Task prompt
Below are records; output all of them exactly.

Data under study
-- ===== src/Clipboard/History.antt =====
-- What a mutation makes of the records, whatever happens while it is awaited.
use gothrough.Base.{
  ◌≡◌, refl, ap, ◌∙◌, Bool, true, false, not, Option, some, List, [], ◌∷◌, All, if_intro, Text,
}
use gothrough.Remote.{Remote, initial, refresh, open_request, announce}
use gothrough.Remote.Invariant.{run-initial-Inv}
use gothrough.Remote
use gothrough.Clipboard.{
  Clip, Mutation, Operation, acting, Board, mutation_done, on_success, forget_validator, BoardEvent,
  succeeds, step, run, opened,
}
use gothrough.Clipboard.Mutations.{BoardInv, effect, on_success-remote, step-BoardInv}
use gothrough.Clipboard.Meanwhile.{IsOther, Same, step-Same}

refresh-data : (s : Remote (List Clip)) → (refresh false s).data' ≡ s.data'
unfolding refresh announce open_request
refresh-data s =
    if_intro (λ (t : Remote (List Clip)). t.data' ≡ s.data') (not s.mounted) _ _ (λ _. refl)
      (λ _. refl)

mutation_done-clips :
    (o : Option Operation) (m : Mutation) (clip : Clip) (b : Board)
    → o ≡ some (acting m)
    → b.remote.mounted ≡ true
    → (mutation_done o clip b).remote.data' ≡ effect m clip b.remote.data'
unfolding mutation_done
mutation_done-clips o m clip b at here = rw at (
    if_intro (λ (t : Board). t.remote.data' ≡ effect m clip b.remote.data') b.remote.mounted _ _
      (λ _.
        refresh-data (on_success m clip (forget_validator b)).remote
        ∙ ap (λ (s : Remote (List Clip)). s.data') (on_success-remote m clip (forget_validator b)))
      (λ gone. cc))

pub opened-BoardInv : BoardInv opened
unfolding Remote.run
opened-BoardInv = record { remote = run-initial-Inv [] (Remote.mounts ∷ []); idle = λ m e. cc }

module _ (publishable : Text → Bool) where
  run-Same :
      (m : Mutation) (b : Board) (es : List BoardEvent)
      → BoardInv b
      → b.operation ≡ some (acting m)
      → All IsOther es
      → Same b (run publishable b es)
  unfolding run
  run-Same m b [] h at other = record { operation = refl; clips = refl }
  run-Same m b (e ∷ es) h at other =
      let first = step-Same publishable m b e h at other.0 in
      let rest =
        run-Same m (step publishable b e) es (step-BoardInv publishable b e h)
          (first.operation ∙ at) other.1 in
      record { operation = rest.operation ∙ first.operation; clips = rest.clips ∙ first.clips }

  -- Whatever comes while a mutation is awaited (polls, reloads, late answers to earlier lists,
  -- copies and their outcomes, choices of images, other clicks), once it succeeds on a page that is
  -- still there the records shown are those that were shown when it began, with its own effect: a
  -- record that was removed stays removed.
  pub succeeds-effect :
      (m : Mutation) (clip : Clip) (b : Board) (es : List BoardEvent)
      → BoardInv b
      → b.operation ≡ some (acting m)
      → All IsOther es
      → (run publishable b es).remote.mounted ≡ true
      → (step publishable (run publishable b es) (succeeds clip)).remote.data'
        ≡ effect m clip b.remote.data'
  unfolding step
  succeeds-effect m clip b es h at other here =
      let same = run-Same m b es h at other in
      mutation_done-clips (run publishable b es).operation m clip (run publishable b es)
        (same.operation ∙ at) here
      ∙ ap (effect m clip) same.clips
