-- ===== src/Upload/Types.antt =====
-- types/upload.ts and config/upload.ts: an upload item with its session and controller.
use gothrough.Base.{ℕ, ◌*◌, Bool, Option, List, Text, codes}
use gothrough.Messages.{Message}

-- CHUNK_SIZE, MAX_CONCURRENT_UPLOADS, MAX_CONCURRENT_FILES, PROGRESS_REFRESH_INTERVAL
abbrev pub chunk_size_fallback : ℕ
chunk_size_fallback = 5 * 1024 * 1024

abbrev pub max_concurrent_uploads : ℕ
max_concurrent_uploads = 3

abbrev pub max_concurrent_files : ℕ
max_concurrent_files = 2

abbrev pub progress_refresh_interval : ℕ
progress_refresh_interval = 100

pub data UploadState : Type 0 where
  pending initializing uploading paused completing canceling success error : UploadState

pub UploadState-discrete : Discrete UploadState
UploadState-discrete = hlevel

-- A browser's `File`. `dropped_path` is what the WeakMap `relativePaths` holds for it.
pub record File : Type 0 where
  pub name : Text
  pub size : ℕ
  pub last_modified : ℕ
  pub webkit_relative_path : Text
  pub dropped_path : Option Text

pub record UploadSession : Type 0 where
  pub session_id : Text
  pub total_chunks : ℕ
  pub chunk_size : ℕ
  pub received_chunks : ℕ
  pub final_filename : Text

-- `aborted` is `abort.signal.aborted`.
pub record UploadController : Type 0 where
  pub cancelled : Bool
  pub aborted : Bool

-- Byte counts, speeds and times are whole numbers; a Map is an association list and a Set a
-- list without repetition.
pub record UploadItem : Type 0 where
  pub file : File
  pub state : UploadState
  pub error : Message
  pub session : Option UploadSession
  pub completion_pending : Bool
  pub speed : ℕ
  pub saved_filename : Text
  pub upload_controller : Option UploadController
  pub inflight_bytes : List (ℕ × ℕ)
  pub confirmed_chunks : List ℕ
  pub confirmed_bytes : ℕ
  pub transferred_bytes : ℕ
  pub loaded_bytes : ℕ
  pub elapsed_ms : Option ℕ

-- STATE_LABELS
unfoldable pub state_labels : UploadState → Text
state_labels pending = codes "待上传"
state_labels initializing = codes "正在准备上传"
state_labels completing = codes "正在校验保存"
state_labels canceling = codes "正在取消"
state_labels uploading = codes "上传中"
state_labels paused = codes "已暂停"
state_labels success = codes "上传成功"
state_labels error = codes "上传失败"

Solution
-- ===== src/Clipboard/History.antt =====
-- What a mutation makes of the records, whatever happens while it is awaited.
use gothrough.Base.{
  ◌≡◌, refl, ap, ◌∙◌, Bool, true, false, not, Option, some, List, [], ◌∷◌, All, if_intro, Text,
}
use gothrough.Remote.{Remote, initial, refresh, open_request, announce}
use gothrough.Remote.Invariant.{run-initial-Inv}
use gothrough.Remote
use gothrough.Clipboard.{
  Clip, Mutation, Operation, acting, Board, mutation_done, on_success, forget_validator, BoardEvent,
  succeeds, step, run, opened,
}
use gothrough.Clipboard.Mutations.{BoardInv, effect, on_success-remote, step-BoardInv}
use gothrough.Clipboard.Meanwhile.{IsOther, Same, step-Same}

refresh-data : (s : Remote (List Clip)) → (refresh false s).data' ≡ s.data'
unfolding refresh announce open_request
refresh-data s =
    if_intro (λ (t : Remote (List Clip)). t.data' ≡ s.data') (not s.mounted) _ _ (λ _. refl)
      (λ _. refl)

mutation_done-clips :
    (o : Option Operation) (m : Mutation) (clip : Clip) (b : Board)
    → o ≡ some (acting m)
    → b.remote.mounted ≡ true
    → (mutation_done o clip b).remote.data' ≡ effect m clip b.remote.data'
unfolding mutation_done
mutation_done-clips o m clip b at here = rw at (
    if_intro (λ (t : Board). t.remote.data' ≡ effect m clip b.remote.data') b.remote.mounted _ _
      (λ _.
        refresh-data (on_success m clip (forget_validator b)).remote
        ∙ ap (λ (s : Remote (List Clip)). s.data') (on_success-remote m clip (forget_validator b)))
      (λ gone. cc))

pub opened-BoardInv : BoardInv opened
unfolding Remote.run
opened-BoardInv = record { remote = run-initial-Inv [] (Remote.mounts ∷ []); idle = λ m e. cc }

module _ (publishable : Text → Bool) where
  run-Same :
      (m : Mutation) (b : Board) (es : List BoardEvent)
      → BoardInv b
      → b.operation ≡ some (acting m)
      → All IsOther es
      → Same b (run publishable b es)
  unfolding run
  run-Same m b [] h at other = record { operation = refl; clips = refl }
  run-Same m b (e ∷ es) h at other =
      let first = step-Same publishable m b e h at other.0 in
      let rest =
        run-Same m (step publishable b e) es (step-BoardInv publishable b e h)
          (first.operation ∙ at) other.1 in
      record { operation = rest.operation ∙ first.operation; clips = rest.clips ∙ first.clips }

  -- Whatever comes while a mutation is awaited (polls, reloads, late answers to earlier lists,
  -- copies and their outcomes, choices of images, other clicks), once it succeeds on a page that is
  -- still there the records shown are those that were shown when it began, with its own effect: a
  -- record that was removed stays removed.
  pub succeeds-effect :
      (m : Mutation) (clip : Clip) (b : Board) (es : List BoardEvent)
      → BoardInv b
      → b.operation ≡ some (acting m)
      → All IsOther es
      → (run publishable b es).remote.mounted ≡ true
      → (step publishable (run publishable b es) (succeeds clip)).remote.data'
        ≡ effect m clip b.remote.data'
  unfolding step
  succeeds-effect m clip b es h at other here =
      let same = run-Same m b es h at other in
      mutation_done-clips (run publishable b es).operation m clip (run publishable b es)
        (same.operation ∙ at) here
      ∙ ap (effect m clip) same.clips
-- ===== src/Upload/Types.antt =====
-- types/upload.ts and config/upload.ts: an upload item with its session and controller.
use gothrough.Base.{ℕ, ◌*◌, Bool, Option, List, Text, codes}
use gothrough.Messages.{Message}

-- CHUNK_SIZE, MAX_CONCURRENT_UPLOADS, MAX_CONCURRENT_FILES, PROGRESS_REFRESH_INTERVAL
abbrev pub chunk_size_fallback : ℕ
chunk_size_fallback = 5 * 1024 * 1024

abbrev pub max_concurrent_uploads : ℕ
max_concurrent_uploads = 3

abbrev pub max_concurrent_files : ℕ
max_concurrent_files = 2

abbrev pub progress_refresh_interval : ℕ
progress_refresh_interval = 100

pub data UploadState : Type 0 where
  pending initializing uploading paused completing canceling success error : UploadState

pub UploadState-discrete : Discrete UploadState
UploadState-discrete = hlevel

-- A browser's `File`. `dropped_path` is what the WeakMap `relativePaths` holds for it.
pub record File : Type 0 where
  pub name : Text
  pub size : ℕ
  pub last_modified : ℕ
  pub webkit_relative_path : Text
  pub dropped_path : Option Text

pub record UploadSession : Type 0 where
  pub session_id : Text
  pub total_chunks : ℕ
  pub chunk_size : ℕ
  pub received_chunks : ℕ
  pub final_filename : Text

-- `aborted` is `abort.signal.aborted`.
pub record UploadController : Type 0 where
  pub cancelled : Bool
  pub aborted : Bool

-- Byte counts, speeds and times are whole numbers; a Map is an association list and a Set a
-- list without repetition.
pub record UploadItem : Type 0 where
  pub file : File
  pub state : UploadState
  pub error : Message
  pub session : Option UploadSession
  pub completion_pending : Bool
  pub speed : ℕ
  pub saved_filename : Text
  pub upload_controller : Option UploadController
  pub inflight_bytes : List (ℕ × ℕ)
  pub confirmed_chunks : List ℕ
  pub confirmed_bytes : ℕ
  pub transferred_bytes : ℕ
  pub loaded_bytes : ℕ
  pub elapsed_ms : Option ℕ

-- STATE_LABELS
unfoldable pub state_labels : UploadState → Text
state_labels pending = codes "待上传"
state_labels initializing = codes "正在准备上传"
state_labels completing = codes "正在校验保存"
state_labels canceling = codes "正在取消"
state_labels uploading = codes "上传中"
state_labels paused = codes "已暂停"
state_labels success = codes "上传成功"
state_labels error = codes "上传失败"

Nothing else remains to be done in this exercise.